[[ MATERIAL TO PROCESS open ]]
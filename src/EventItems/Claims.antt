-- ===== src/EventItems/Claims.antt =====
-- Who brings an item (backend/src/event-items/event-items.service.ts).
use Prim.Native.String.{String}
use event_now.Prelude.{
  ℕ, ◌≡◌, ◌≢◌, ◌⊎◌, refl, Bool, false, not, ◌&&◌, some, ◌==◌, is_id, is_some, Option-cases,
  Bool-cases, inl, inr, arith,
}
use event_now.Prelude.Outcome.{ok, err, final}
use event_now.Prisma.{Prisma}
use event_now.Http.{HttpException, bad_request, not_found, forbidden, conflict, record_not_found}
use event_now.Http
use event_now.Database.{Db, Event, EventItem, EventItemList, ItemStatus}
use event_now.Participants.{check_participant_cases}
use event_now.EventItems.{
  ShownList, is_claimed, format_list, check_access, get_or_create_list, item_of_event, show_list,
  claim, claim_item,
}

-- What a claim by `user_id` makes of an item that it found as `i`.
abbrev toggled : ℕ → EventItem → EventItem → EventItem
toggled user_id i = claim (is_claimed i.status && is_id i.claimed_by_id user_id) user_id

module _ {p : Prisma} where
  -- An access check or a look-up changes nothing.
  check_access_cases :
      (user_id event_id : ℕ) (d : Db p)
      → ((ev : Event) × (check_access user_id event_id d ≡ ok ev d))
        ⊎ ((e : HttpException) × (check_access user_id event_id d ≡ err e d))
  unfolding check_access
  check_access_cases = check_participant_cases Http.not_accepted_participant

  item_of_event_cases :
      (event_id item_id : ℕ) (d : Db p)
      → ((i : EventItem) × (item_of_event event_id item_id d ≡ ok i d)
          × (p.find_unique item_id d.event_item ≡ some i))
        ⊎ ((e : HttpException) × (item_of_event event_id item_id d ≡ err e d))
  unfolding item_of_event
  item_of_event_cases event_id item_id d =
      elim (Option-cases (p.find_unique item_id d.event_item)) [
        | inl e ↦ inr (not_found Http.item_missing, ground (arith, e))
        | inr (i, e) ↦ elim (Option-cases (p.find_unique i.list_id d.event_item_list)) [
          | inl e2 ↦ inr (record_not_found, ground (arith, e, e2))
          | inr (l, e2) ↦ elim (Bool-cases (l.event_id == event_id)) [
            | inl same ↦ inl (i, ground (arith, e, e2, same), e)
            | inr other ↦ inr (not_found Http.item_missing, ground (arith, e, e2, other))
          ]
        ]
      ]

  show_list-keeps :
      (after : String → String → Bool) (user_id event_id : ℕ) (d : Db p)
      → (l : ShownList) × (ls : p.Table EventItemList) × (show_list after user_id event_id d
          ≡ ok l (record d { event_item_list = ls }))
  unfolding show_list get_or_create_list
  show_list-keeps after user_id event_id d =
      elim (Option-cases (p.find_first (λ l. l.event_id == event_id) d.event_item_list)) [
        | inl e ↦ (
          format_list after (p.new_id d.event_item_list) event_id user_id (record d {
            event_item_list = p.create (record { event_id = event_id }) d.event_item_list;
          }),
          p.create (record { event_id = event_id }) d.event_item_list,
          ground (arith, e),
        )
        | inr ((id, l), e) ↦
            (format_list after id event_id user_id d, d.event_item_list, ground (arith, e))
      ]

  claim_item_cases :
      (C : p.Table EventItem → Type 0) (after : String → String → Bool)
      (user_id event_id item_id : ℕ) (d : Db p)
      → C d.event_item
      → ((i : EventItem)
          → p.find_unique item_id d.event_item ≡ some i
          → (is_claimed i.status && not (is_id i.claimed_by_id user_id)) ≡ false
          → C (p.modify item_id (toggled user_id i) d.event_item))
      → C (final (claim_item after user_id event_id item_id d)).event_item
  unfolding claim_item
  claim_item_cases C after user_id event_id item_id d kept done =
      elim (check_access_cases user_id event_id d) [
        | inr (x, e) ↦ ground (arith, e, kept)
        | inl (ev, e) ↦ elim (item_of_event_cases event_id item_id d) [
          | inr (x, e2) ↦ ground (arith, e, e2, kept)
          | inl (i, e2, found) ↦
              let d1 = record d {
                event_item = p.modify item_id (toggled user_id i) d.event_item;
              } in
              let (l, ls, shown) = show_list-keeps after user_id event_id d1 in
              ground (arith, e, e2, found, shown, kept, done i found)
        ]
      ]

  -- Nobody takes an item that another participant brings: the items stay as they are.
  pub claim_item-keeps :
      (after : String → String → Bool) (user_id event_id item_id owner : ℕ) (i : EventItem)
      (d : Db p)
      → p.find_unique item_id d.event_item ≡ some i
      → i.status ≡ ItemStatus.claimed
      → i.claimed_by_id ≡ some owner
      → owner ≢ user_id
      → (final (claim_item after user_id event_id item_id d)).event_item ≡ d.event_item
  claim_item-keeps after user_id event_id item_id owner i d found status by other =
      claim_item_cases (λ t. t ≡ d.event_item) after user_id event_id item_id d refl
        (λ j found' free. absurd (ground arith))

  -- Every item that is marked as claimed has a claimant, and no other item has one.
  abbrev pub HaveClaimants : Db p → Type 0
  HaveClaimants d =
      (k : ℕ) (i : EventItem)
      → p.find_unique k d.event_item ≡ some i
      → is_some i.claimed_by_id ≡ is_claimed i.status

  -- Claiming, giving back and every refused call keep it so that exactly the claimed items have a
  -- claimant.
  pub claim_item-HaveClaimants :
      (after : String → String → Bool) (user_id event_id item_id : ℕ) (d : Db p)
      → HaveClaimants d
      → HaveClaimants (final (claim_item after user_id event_id item_id d))
  claim_item-HaveClaimants after user_id event_id item_id d all =
      claim_item_cases
        (λ t.
          (k : ℕ) (i : EventItem)
          → p.find_unique k t ≡ some i
          → is_some i.claimed_by_id ≡ is_claimed i.status)
        after user_id event_id item_id d all
        (λ i found free k j found'.
          ground (arith, all k j, p.find_unique-modify k item_id (toggled user_id i) d.event_item))
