-- ===== src/EventItems/Tests.antt =====
-- The theorems on shared lists applied to a small database
-- (backend/src/event-items/event-items.service.ts).
use event_now.Prelude.{◌≡◌, false, refl, arith}
use event_now.Prelude.Outcome.{final}
use event_now.EventItems.{claim_item}
use event_now.EventItems.Claims.{claim_item-keeps}
use event_now.Tests.{shared, bread}

claim_item-keeps_example :
    (final (claim_item (λ a b. false) 9 0 0 shared)).event_item ≡ shared.event_item
claim_item-keeps_example =
    claim_item-keeps (λ a b. false) 9 0 0 7 bread shared refl refl refl (omega arith)
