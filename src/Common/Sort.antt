-- ===== src/Common/Sort.antt =====
-- slices.Sort and slices.SortFunc on values that a string names: sorted by name, by insertion. Names
-- that are sorted do not depend on the order in which a map was walked.
use mathlib.Core.List.{Perm, Permᴰ, List, [], ◌∷◌}
use mathlib.Core.List.Perm
use mathlib.Core.Path.{◌≡◌, refl, ap₂, ◌∙◌}
use mathlib.Core.Logic.{inl, inr, ∥∥₁_elim}
use mathlib.Core.Bool.{true, false}
use native.Mathlib.Omega.{arith}
use smokeping_go.Common.Tests.{if◌then◌else◌, Bool-cases}
use smokeping_go.Common.Strings.{Str, str_ltb, str_ltb_irrefl, str_ltb_trans, str_ltb_total}
use smokeping_go.Common.Lists.{All}

-- A value goes before the first that its name is below.
module _ {ℓ} {A : Type ℓ} (key : A → Str) where
  unfoldable pub insert_by : A → List A → List A
  insert_by a [] = a ∷ []
  insert_by a (x ∷ xs) = if str_ltb (key a) (key x) then a ∷ x ∷ xs else x ∷ insert_by a xs

  unfoldable pub sort_by : List A → List A
  unfolding insert_by
  sort_by [] = []
  sort_by (x ∷ xs) = insert_by x (sort_by xs)

  pub insert_by-perm : (a : A) (xs : List A) → Perm (insert_by a xs) (a ∷ xs)
  unfolding insert_by
  insert_by-perm a [] = Perm.refl _
  insert_by-perm a (x ∷ xs) = elim (Bool-cases (str_ltb (key a) (key x))) [
    | inl below ↦ rw below (Perm.refl _)
    | inr above ↦ rw above (Perm.trans (Perm.cons x (insert_by-perm a xs)) (Perm.swap a x xs))
  ]

  pub sort_by-perm : (xs : List A) → Perm (sort_by xs) xs
  unfolding sort_by
  sort_by-perm [] = Perm.refl _
  sort_by-perm (x ∷ xs) = Perm.trans (insert_by-perm x (sort_by xs)) (Perm.cons x (sort_by-perm xs))

  -- Each name is not below those before it.
  abbrev pub IsSorted : List A → Type 0
  IsSorted [] = Unit
  IsSorted (x ∷ xs) = All (λ y. str_ltb (key y) (key x) ≡ false) xs × IsSorted xs

  pub All-insert_by {κ} :
      (P : A → Type κ) (a : A) (xs : List A) → P a → All P xs → All P (insert_by a xs)
  unfolding insert_by
  All-insert_by P a [] pa h = (pa, tt)
  All-insert_by P a (x ∷ xs) pa h = elim (Bool-cases (str_ltb (key a) (key x))) [
    | inl below ↦ rw below (pa, h)
    | inr above ↦ rw above (h.0, All-insert_by P a xs pa h.1)
  ]

  above_less :
      (a x : A) (ys : List A)
      → str_ltb (key a) (key x) ≡ true
      → All (λ y. str_ltb (key y) (key x) ≡ false) ys
      → All (λ y. str_ltb (key y) (key a) ≡ false) ys
  above_less a x [] h k = tt
  above_less a x (y ∷ ys) h k =
      (ground (arith, str_ltb_trans (key y) (key a) (key x)), above_less a x ys h k.1)

  pub insert_by-IsSorted : (a : A) (xs : List A) → IsSorted xs → IsSorted (insert_by a xs)
  unfolding insert_by
  insert_by-IsSorted a [] h = (tt, tt)
  insert_by-IsSorted a (x ∷ xs) h = elim (Bool-cases (str_ltb (key a) (key x))) [
    | inl below ↦ rw below (
      (
        ground (arith, str_ltb_trans (key x) (key a) (key x), str_ltb_irrefl (key x)),
        above_less a x xs below h.0,
      ),
      h,
    )
    | inr above ↦ rw above (All-insert_by _ a xs above h.0, insert_by-IsSorted a xs h.1)
  ]

  pub sort_by-IsSorted : (xs : List A) → IsSorted (sort_by xs)
  unfolding sort_by
  sort_by-IsSorted [] = tt
  sort_by-IsSorted (x ∷ xs) = insert_by-IsSorted x (sort_by xs) (sort_by-IsSorted xs)

-- Names sorted by themselves.
abbrev pub itself : Str → Str
itself s = s

insert_comm :
    (a b : Str) (xs : List Str)
    → insert_by itself a (insert_by itself b xs) ≡ insert_by itself b (insert_by itself a xs)
unfolding insert_by
insert_comm a b [] = ground (arith, str_ltb_total a b, str_ltb_trans a b a, str_ltb_irrefl a)
insert_comm a b (x ∷ xs) = ground (
  arith,
  str_ltb_total a b,
  str_ltb_trans a b a,
  str_ltb_irrefl a,
  str_ltb_trans a b x,
  str_ltb_trans b a x,
  insert_comm a b xs,
)

sort-Permᴰ : {xs ys : List Str} → Permᴰ xs ys → sort_by itself xs ≡ sort_by itself ys
unfolding sort_by
sort-Permᴰ Permᴰ.nil = refl
sort-Permᴰ (Permᴰ.cons e h) = ap₂ (insert_by itself) e (sort-Permᴰ h)
sort-Permᴰ (Permᴰ.swap {l = l} e f) =
    ap₂ (λ a b. insert_by itself a (insert_by itself b (sort_by itself l))) e f
    ∙ insert_comm _ _ (sort_by itself l)
sort-Permᴰ (Permᴰ.trans h k) = sort-Permᴰ h ∙ sort-Permᴰ k

pub Str_set : IsSet Str
Str_set = hlevel

-- Names come out the same in whatever order they went in.
pub sort-Perm : {xs ys : List Str} → Perm xs ys → sort_by itself xs ≡ sort_by itself ys
sort-Perm h = ∥∥₁_elim h (strs_set _ _) sort-Permᴰ
  where
    strs_set : IsSet (List Str)
    strs_set = hlevel Str_set
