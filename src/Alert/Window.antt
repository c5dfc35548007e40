-- ===== src/Alert/Window.antt =====
-- internal/alert/evaluator.go: the time windows that the evaluator derives from the interval. Times are
-- nanoseconds since Go's zero time, and `now.Sub(t) > w` is read as `w < now - t`, which agrees with it
-- for every window: a time ahead of `now` has no age.
use smokeping_go.Common.{ℕ, ◌-◌, ◌*◌, ◌≤◌, Bool, arith, max, ltb, nat_beq, if◌then◌else◌}
use smokeping_go.Limits.{minute, max_future_skew, max_probe_interval}

unfoldable pub staleness_window : ℕ → ℕ
staleness_window interval = 3 * (if nat_beq interval 0 then minute else interval)

unfoldable pub alert_freshness : ℕ → ℕ
unfolding staleness_window
alert_freshness interval = max (staleness_window interval) max_future_skew

unfoldable pub liveness_window : ℕ → ℕ
unfolding alert_freshness
liveness_window interval = alert_freshness interval

unfoldable pub alert_identity_retention : ℕ
unfolding alert_freshness
alert_identity_retention = alert_freshness max_probe_interval

-- `now.Sub(t) > window`
abbrev pub older : ℕ → ℕ → ℕ → Bool
older window now t = ltb window (now - t)

-- No interval that the config accepts has a freshness window above the retention of identities.
pub freshness-le-retention :
    (interval : ℕ)
    → interval ≤ max_probe_interval
    → alert_freshness interval ≤ alert_identity_retention
unfolding alert_freshness alert_identity_retention
freshness-le-retention interval h = ground arith

-- The windows are never tighter than the warm-up horizon, nor than the skew that ingest tolerates.
pub liveness_window-ge :
    (interval : ℕ)
    → (staleness_window interval ≤ liveness_window interval)
      × (max_future_skew ≤ liveness_window interval)
unfolding liveness_window staleness_window
liveness_window-ge interval = ground arith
[[ MATERIAL TO PROCESS closed ]]
* WHAT THIS TASK INVOLVES *
From the records above, pull every line that has the string "modify" and copy it.

* SOLUTION TO THIS TASK *
          → C (p.modify item_id (toggled user_id i) d.event_item))
                event_item = p.modify item_id (toggled user_id i) d.event_item;
          ground (arith, all k j, p.find_unique-modify k item_id (toggled user_id i) d.event_item))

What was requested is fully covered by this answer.